As a hitter, Caissie is raw, left-handed power. He gets some of the best exit velocities in the minors. He’s a patient hitter that will wait for his pitch before swinging. He also walks and strikes out a lot. I wouldn’t call him a three-true-outcomes player, but I could see him developing into one if things don’t turn out the way we hope.
Alcántara, on the other hand, has been more aggressive at the plate throughout his career, although the two swung at pitches both inside and outside the zone at about the same rate in Triple-A last season. (Of course, Alcántara had a much smaller sample size in Iowa.) Alcántara is more of a free swinger than Caissie, but he’s made strides over the past year or so in strike zone judgement. Still, you’d have to give the clear edge in that to Caissie.
Caissie has better raw power than Alcántara, but it’s not like Alcántara’s raw power isn’t very good as well. And if he adds some more weight? It’s hard to say who will hit for more power in the big leagues.
Defensively, there isn’t much contest. Alcántara is a good defensive center fielder who covers a good deal of ground out there. He’s not Crow-Armstrong, of course, but he’s a major-league quality center fielder who could be very, very good in right.
Caissie’s range as a corner outfielder is limited. He’s made some strides recently in getting better reads off the bat and taking better angles, but he’s still a fringy defensive corner outfielder.
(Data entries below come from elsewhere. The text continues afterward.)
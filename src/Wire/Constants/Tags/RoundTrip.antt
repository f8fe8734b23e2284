-- ===== src/Wire/Constants/Tags/RoundTrip.antt =====
-- The tag and the pair (codec, layout) carry the same information, and only 15 is unassigned.
use oxihipo.Prelude.{ℕ, ◌+◌, ◌*◌, ◌/◌, ◌^◌, ◌<◌, ◌≤◌, ◌≡◌, refl, ap, ◌∙◌, arith, bit_and}
use mathlib.Core.Option
use mathlib.Core.Logic.{◌↔◌}
use mathlib.Core.Option.{Option}
use oxihipo.Prelude.Bits.{bit_and_mask}
use oxihipo.Wire.Constants.Tags.{
  Codec, Layout, CompressionType, tag, from_tag, from_word, for_pair, codec, layout,
}

pub from_tag-tag : (c : CompressionType) → from_tag (tag c) ≡ Option.some c
unfolding from_tag tag
from_tag-tag CompressionType.none = refl
from_tag-tag _ = refl

pub for_pair-codec-layout : (c : CompressionType) → for_pair (codec c) (layout c) ≡ c
unfolding for_pair codec layout
for_pair-codec-layout CompressionType.none = refl
for_pair-codec-layout _ = refl

pub codec-for_pair : (k : Codec) (l : Layout) → codec (for_pair k l) ≡ k
unfolding for_pair codec
codec-for_pair k l = ground arith

pub layout-for_pair : (k : Codec) (l : Layout) → layout (for_pair k l) ≡ l
unfolding for_pair layout
layout-for_pair k l = ground arith

pub tag-lt : (c : CompressionType) → tag c < 15
unfolding tag
tag-lt CompressionType.none = omega arith
tag-lt _ = omega arith

-- A tag is refused exactly when it is 15 or more.
pub from_tag_none : (t : ℕ) → 15 ≤ t → from_tag t ≡ Option.none
unfolding from_tag
from_tag_none t h = ground arith

pub tag-from_tag : (t : ℕ) (c : CompressionType) → from_tag t ≡ Option.some c → tag c ≡ t
unfolding from_tag tag
tag-from_tag t c h = ground arith

-- A codec and a layout survive the way over the 4-bit tag of the record header.
pub from_tag-for_pair :
    (k : Codec) (l : Layout)
    → Option.map {B = Codec × Layout} (λ c. (codec c, layout c)) (from_tag (tag (for_pair k l)))
      ≡ Option.some (k, l)
from_tag-for_pair k l = rw (from_tag-tag, codec-for_pair, layout-for_pair)

-- The reader takes a tag for a compression type exactly when the writer writes that tag for it.
pub from_tag_iff : (t : ℕ) (c : CompressionType) → (from_tag t ≡ Option.some c) ↔ (tag c ≡ t)
from_tag_iff t c = (tag-from_tag t c, λ e. rw (← e) (from_tag-tag c))

-- The compression word: the tag in the top four bits, a length in the low 28.
pub from_word_fields :
    (c : CompressionType) (n : ℕ)
    → n < 2 ^ 28
    → (from_word (n + tag c * 2 ^ 28) ≡ Option.some c)
      × (bit_and (n + tag c * 2 ^ 28) 0x0FFF_FFFF ≡ n)
unfolding from_word
from_word_fields c n h = (
  ap from_tag (bit_and_mask 4 ((n + tag c * 2 ^ 28) / 2 ^ 28) ∙ omega (arith, tag-lt c))
      ∙ from_tag-tag c,
  bit_and_mask 28 (n + tag c * 2 ^ 28) ∙ omega (arith, tag-lt c),
)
He makes up for some of that with a terrific plus arm. Runners advance at their own risk on Caissie.
Alcántara’s arm is almost as strong as Caissie’s, but he doesn’t have quite the same accuracy and consistency. Still, it’s above-average.
That points to another difference between Caissie and Alcántara at this point. Caissie is just more consistent than Alcántara at this point in his career. If you look at Caissie’s month-to-month splits last year, you’ll see a player who is pretty close to the same player every month. Alcántara, on the other hand, will have months where he can’t do anything right and then have a month where he looks like the second coming of Ken Griffey Jr. OK, maybe not that good. But you get my point. The point is Alcántara tends to be streaky.
Alcántara is more “athletic” in scouting parlance, but you shouldn’t take that as a knock on Caissie. He’s not a lumbering body out there. He could become one ten years down the road, but we’re not worrying about that now.
If you ask me to sum up the difference, Caissie is closer to a sure thing whereas Alcántara has a greater superstar potential, but also more bust potential. But to be clear, both of them have the potential for greatness and both have the potential to be a bust. It’s just a matter of degrees here.
I don’t believe there is a right or wrong answer here. It’s dependent on your philosophy. If you want the potential superstar and are willing to take some risk to get it, you want to keep Kevin Alcántara. If you want more of a sure-thing power hitter and don’t care as much about defense, you want to keep Caissie.
So if the Cubs keep one Top 100 outfield prospect and trade the other one, which one would you rather keep? (And yes, I know it depends on the return. But assume they bring back about the same in trade.)